=== Work to complete ===
Return only what lies between the first line of the entries and the line containing "abbrev first_file : Asset", both lines included.

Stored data
********

-- ===== src/Sim/Assets/Tests.antt =====
-- The table of the staged files on concrete data.
use micro_tech.Prelude.{
  ℕ, ◌+◌, ◌≡◌, refl, ◌&&◌, ◌%◌, ◌^◌, List, [], ◌∷◌, ◌++◌, length, ◌==◌, if◌then◌else◌, ok,
  invalid_crc, arith,
}
use micro_tech.Sim.Assets.{
  Asset, verify_checksum, longest, sum_name, sum_field, sum_data, sum_asset, sum_loop,
}
use micro_tech.Sim.Assets.Checksum.{shares, verify_checksum_lem, changed_byte_refused}
use micro_tech.Sim.Assets.Names.{
  less, same, str_cmp, mem_cmp, last_dot, name_cmp, then_by, flip, name_cmp_dotted, name_cmp_result,
}

abbrev first_file : Asset
first_file = record { name = 98 ∷ 46 ∷ 99 ∷ 100 ∷ 101 ∷ []; data_bytes = 5 ∷ [] }

abbrev second_file : Asset
second_file = record { name = 97 ∷ []; data_bytes = 1 ∷ 2 ∷ [] }

checksum_run : verify_checksum (first_file ∷ second_file ∷ []) (65536 + 915) 2 ≡ ok
unfolding verify_checksum longest sum_name sum_field sum_data sum_asset sum_loop
checksum_run = refl

verify_checksum_lem_example : verify_checksum (first_file ∷ second_file ∷ []) 915 3 ≡ (
    if (length (first_file ∷ second_file ∷ []) == 3)
      && (shares (first_file ∷ second_file ∷ []) 0 % 2 ^ 16 == 915 % 2 ^ 16)
    then ok
    else invalid_crc)
verify_checksum_lem_example = verify_checksum_lem (first_file ∷ second_file ∷ []) 915 3

-- The second file with 7 in place of its 2.
changed_byte_refused_example :
    verify_checksum
      (first_file ∷ record { name = 97 ∷ []; data_bytes = 1 ∷ 7 ∷ [] } ∷ [])
      (65536 + 915)
      2
    ≡ invalid_crc
changed_byte_refused_example =
    changed_byte_refused (first_file ∷ []) [] (97 ∷ []) (1 ∷ []) [] 2 7 (65536 + 915) 2
      (omega arith) (omega arith) (λ (e : 2 ≡ 7). omega (arith, e)) checksum_run

-- "a.z", "b" and "c.a": of the three, each comes before the next, and the last before the first.
abbrev a_z : List ℕ
a_z = 97 ∷ 46 ∷ 122 ∷ []

abbrev c_a : List ℕ
c_a = 99 ∷ 46 ∷ 97 ∷ []

names_cycle :
    (name_cmp a_z (98 ∷ []) ≡ less) × (name_cmp (98 ∷ []) c_a ≡ less) × (name_cmp c_a a_z ≡ less)
unfolding name_cmp last_dot str_cmp mem_cmp
names_cycle = (refl, refl, refl)

-- "a.b.z" and "c.a".
name_cmp_dotted_example :
    name_cmp ((97 ∷ 46 ∷ 98 ∷ []) ++ (46 ∷ 122 ∷ [])) ((99 ∷ []) ++ (46 ∷ 97 ∷ []))
    ≡ then_by (str_cmp (122 ∷ []) (97 ∷ [])) (str_cmp (97 ∷ 46 ∷ 98 ∷ []) (99 ∷ []))
name_cmp_dotted_example =
    name_cmp_dotted (97 ∷ 46 ∷ 98 ∷ []) (122 ∷ []) (99 ∷ []) (97 ∷ []) (refl, tt) (refl, tt)

name_cmp_result_example :
    (name_cmp c_a a_z ≡ flip (name_cmp a_z c_a)) × (name_cmp a_z c_a ≡ same → a_z ≡ c_a)
name_cmp_result_example = name_cmp_result a_z c_a
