-- ===== src/Sim/Base64.antt =====
-- sim/ports/sim_base64.c: the base64 decoder of the simulated music backend.
pub mod Digits
pub mod Accepts
pub mod Bounds
pub mod Decode
mod Tests
use Prim.Native.Nat.{bit_and, bit_or}
use micro_tech.Prelude.{
  ℕ, ◌+◌, ◌-◌, ◌*◌, ◌/◌, ◌%◌, ◌^◌, Bool, true, false, ◌&&◌, ◌||◌, Option, none, some, List, [], ◌∷◌,
  ◌++◌, length, ltb, leb, ◌==◌, if◌then◌else◌,
}

-- What `mbedtls_base64_decode` returns: 0, -1, -2.
pub data Code : Type 0 where
  done malformed short : Code

-- `_value`; `none` is its -1.
unfoldable pub value : ℕ → Option ℕ
value ch =
    if leb b'A' ch && leb ch b'Z'
    then some (ch - b'A')
    else if leb b'a' ch && leb ch b'z'
    then some (ch - b'a' + 26)
    else if leb b'0' ch && leb ch b'9'
    then some (ch - b'0' + 52)
    else if ch == b'+'
    then some 62
    else if ch == b'/'
    then some 63
    else none

-- The local variables; `out` is `dst[0 .. written)`.
pub record Decoder : Type 0 where
  pub out : List ℕ
  pub accumulator : ℕ
  pub bits : ℕ
  pub padding : Bool

pub data Turn : Type 0 where
  stop : Code → Turn
  go : Decoder → Turn

abbrev pub is_blank : ℕ → Bool
is_blank ch = ch == b'\r' || ch == b'\n' || ch == b' ' || ch == b'\t'

-- From `accumulator = ...` to the end of the loop's body, in a `uint32_t`.
unfoldable pub shift_in : ℕ → ℕ → Decoder → Turn
shift_in dlen v d =
    let accumulator = bit_or (d.accumulator * 2 ^ 6 % 2 ^ 32) v in
    let left = d.bits + 6 - 8 in
    if leb 8 (d.bits + 6)
    then (if leb dlen (length d.out)
        then stop short
        else go (record d {
          out = d.out ++ (accumulator / 2 ^ left % 2 ^ 8 ∷ []);
          accumulator = bit_and accumulator (2 ^ left - 1);
          bits = left;
        }))
    else go (record d { accumulator = accumulator; bits = d.bits + 6 })

-- The body of the loop.
unfoldable pub turn : ℕ → ℕ → Decoder → Turn
turn dlen ch d =
    if is_blank ch
    then go d
    else if ch == b'='
    then go (record d { padding = true })
    else if d.padding
    then stop malformed
    else elim (value ch) [ none ↦ stop malformed | some v ↦ shift_in dlen v d ]

-- The loop and what follows it: the code, and what stands in `dst`.
unfoldable pub decode_loop : ℕ → List ℕ → Decoder → Code × List ℕ
decode_loop dlen [] d = (if leb 6 d.bits then malformed else done, d.out)
decode_loop dlen (ch ∷ src) d = elim (turn dlen ch d) [
  | stop code ↦ (code, d.out)
  | go d' ↦ decode_loop dlen src d'
]

abbrev pub empty : Decoder
empty = record { out = []; accumulator = 0; bits = 0; padding = false }

-- The code, what is stored from `dst` on, and what is stored in `*olen`, if anything is.
pub record Decoded : Type 0 where
  pub code : Code
  pub out : List ℕ
  pub olen : Option ℕ

abbrev pub set_olen : Bool → Code × List ℕ → Decoded
set_olen wanted (done, out) = record {
  code = done;
  out = out;
  olen = if wanted then some (length out) else none;
}
set_olen wanted (code, out) = record { code = code; out = out; olen = none }

-- `dst` is its room, and `none` is NULL; `wants_length` is `olen != NULL`.
unfoldable pub base64_decode : Option ℕ → Bool → Option (List ℕ) → Decoded
unfolding decode_loop turn shift_in value
base64_decode (some dlen) wants_length (some src) =
    set_olen wants_length (decode_loop dlen src empty)
base64_decode dst wants_length src = record { code = malformed; out = []; olen = none }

********

=== Completed task ===
-- ===== src/Sim/Assets/Tests.antt =====
-- The table of the staged files on concrete data.
use micro_tech.Prelude.{
  ℕ, ◌+◌, ◌≡◌, refl, ◌&&◌, ◌%◌, ◌^◌, List, [], ◌∷◌, ◌++◌, length, ◌==◌, if◌then◌else◌, ok,
  invalid_crc, arith,
}
use micro_tech.Sim.Assets.{
  Asset, verify_checksum, longest, sum_name, sum_field, sum_data, sum_asset, sum_loop,
}
use micro_tech.Sim.Assets.Checksum.{shares, verify_checksum_lem, changed_byte_refused}
use micro_tech.Sim.Assets.Names.{
  less, same, str_cmp, mem_cmp, last_dot, name_cmp, then_by, flip, name_cmp_dotted, name_cmp_result,
}

abbrev first_file : Asset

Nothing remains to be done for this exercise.